Exercise details: Among the records below, find the lines that contain "fresh" and copy each of them.

____________________

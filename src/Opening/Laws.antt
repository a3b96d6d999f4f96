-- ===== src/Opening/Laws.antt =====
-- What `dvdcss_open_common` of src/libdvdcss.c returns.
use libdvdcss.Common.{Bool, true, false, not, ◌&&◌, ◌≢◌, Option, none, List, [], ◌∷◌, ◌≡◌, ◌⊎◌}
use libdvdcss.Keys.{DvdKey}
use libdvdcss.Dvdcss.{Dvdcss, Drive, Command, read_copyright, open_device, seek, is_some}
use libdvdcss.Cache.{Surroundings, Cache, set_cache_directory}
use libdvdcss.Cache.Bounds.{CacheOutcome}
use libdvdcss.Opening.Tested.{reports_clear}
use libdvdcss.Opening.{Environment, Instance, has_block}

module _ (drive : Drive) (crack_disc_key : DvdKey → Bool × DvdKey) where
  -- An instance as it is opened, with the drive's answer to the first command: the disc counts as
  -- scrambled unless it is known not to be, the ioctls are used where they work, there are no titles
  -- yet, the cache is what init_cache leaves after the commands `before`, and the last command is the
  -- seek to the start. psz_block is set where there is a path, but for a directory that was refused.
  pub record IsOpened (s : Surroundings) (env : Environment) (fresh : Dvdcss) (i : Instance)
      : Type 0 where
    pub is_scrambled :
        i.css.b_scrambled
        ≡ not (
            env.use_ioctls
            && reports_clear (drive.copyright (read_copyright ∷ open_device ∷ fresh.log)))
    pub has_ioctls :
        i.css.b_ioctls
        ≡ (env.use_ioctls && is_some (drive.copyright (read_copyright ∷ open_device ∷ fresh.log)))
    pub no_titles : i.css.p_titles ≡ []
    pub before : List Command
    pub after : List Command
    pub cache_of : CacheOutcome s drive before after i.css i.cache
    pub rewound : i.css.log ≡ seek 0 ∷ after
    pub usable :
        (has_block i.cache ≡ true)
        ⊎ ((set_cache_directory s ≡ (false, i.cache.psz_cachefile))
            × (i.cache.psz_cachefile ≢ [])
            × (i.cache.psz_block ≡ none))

____________________

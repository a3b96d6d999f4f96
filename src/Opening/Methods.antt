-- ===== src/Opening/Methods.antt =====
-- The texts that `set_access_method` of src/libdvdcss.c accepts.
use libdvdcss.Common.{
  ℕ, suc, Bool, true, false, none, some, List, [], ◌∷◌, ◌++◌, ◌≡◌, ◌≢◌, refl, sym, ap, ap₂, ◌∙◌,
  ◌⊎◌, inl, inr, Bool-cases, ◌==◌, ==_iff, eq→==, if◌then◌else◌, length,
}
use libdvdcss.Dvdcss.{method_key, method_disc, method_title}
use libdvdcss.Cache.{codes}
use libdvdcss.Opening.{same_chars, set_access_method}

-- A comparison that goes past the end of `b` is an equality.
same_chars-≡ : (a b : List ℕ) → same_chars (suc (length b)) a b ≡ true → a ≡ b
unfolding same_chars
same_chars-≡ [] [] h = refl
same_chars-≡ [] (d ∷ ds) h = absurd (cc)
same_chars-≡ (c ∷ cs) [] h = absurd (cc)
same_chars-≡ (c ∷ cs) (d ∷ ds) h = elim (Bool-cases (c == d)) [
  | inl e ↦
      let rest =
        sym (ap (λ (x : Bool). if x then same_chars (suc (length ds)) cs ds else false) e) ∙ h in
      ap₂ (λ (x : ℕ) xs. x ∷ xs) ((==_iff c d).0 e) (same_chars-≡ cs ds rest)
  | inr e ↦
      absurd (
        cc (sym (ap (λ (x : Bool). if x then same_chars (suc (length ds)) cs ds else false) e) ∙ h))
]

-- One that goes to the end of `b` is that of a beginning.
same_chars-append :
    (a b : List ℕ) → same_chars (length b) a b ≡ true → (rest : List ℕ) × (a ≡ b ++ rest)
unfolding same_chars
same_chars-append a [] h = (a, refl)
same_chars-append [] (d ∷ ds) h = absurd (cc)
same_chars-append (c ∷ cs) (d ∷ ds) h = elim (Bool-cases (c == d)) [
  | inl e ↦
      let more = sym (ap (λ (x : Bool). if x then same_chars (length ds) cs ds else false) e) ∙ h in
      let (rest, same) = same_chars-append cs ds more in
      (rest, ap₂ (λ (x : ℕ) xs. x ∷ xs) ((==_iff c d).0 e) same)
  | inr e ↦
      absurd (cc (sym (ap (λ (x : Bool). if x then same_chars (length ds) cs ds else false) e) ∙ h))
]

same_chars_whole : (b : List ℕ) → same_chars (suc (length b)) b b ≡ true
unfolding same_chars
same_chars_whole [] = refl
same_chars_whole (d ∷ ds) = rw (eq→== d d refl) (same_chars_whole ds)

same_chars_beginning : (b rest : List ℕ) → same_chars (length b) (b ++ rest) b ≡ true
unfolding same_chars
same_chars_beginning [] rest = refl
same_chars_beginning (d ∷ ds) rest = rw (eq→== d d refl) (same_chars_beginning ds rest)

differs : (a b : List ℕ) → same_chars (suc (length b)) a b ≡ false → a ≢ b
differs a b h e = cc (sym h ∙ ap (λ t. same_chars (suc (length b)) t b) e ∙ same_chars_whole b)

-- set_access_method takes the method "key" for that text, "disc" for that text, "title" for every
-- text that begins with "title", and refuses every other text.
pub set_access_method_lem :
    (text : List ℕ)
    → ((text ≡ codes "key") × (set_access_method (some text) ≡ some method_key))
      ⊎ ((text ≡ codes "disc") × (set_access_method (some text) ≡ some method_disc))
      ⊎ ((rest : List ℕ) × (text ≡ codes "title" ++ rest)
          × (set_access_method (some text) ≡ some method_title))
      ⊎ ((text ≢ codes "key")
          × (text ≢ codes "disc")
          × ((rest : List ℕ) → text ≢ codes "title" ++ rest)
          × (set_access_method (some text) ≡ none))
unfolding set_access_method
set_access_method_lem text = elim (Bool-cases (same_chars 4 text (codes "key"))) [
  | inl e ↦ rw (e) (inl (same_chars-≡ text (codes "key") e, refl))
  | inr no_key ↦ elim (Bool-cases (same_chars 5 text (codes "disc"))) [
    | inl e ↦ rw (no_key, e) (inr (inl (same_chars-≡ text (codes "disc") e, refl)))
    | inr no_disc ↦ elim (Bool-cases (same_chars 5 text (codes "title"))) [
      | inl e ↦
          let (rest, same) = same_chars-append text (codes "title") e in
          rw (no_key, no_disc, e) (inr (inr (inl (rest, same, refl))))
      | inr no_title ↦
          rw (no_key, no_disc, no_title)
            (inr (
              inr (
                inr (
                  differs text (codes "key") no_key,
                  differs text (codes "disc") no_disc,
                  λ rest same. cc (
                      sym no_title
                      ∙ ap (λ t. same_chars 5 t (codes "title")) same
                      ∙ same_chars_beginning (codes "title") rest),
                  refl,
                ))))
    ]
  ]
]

____________________

Task solution:
  pub record IsOpened (s : Surroundings) (env : Environment) (fresh : Dvdcss) (i : Instance)
            && reports_clear (drive.copyright (read_copyright ∷ open_device ∷ fresh.log)))
        ≡ (env.use_ioctls && is_some (drive.copyright (read_copyright ∷ open_device ∷ fresh.log)))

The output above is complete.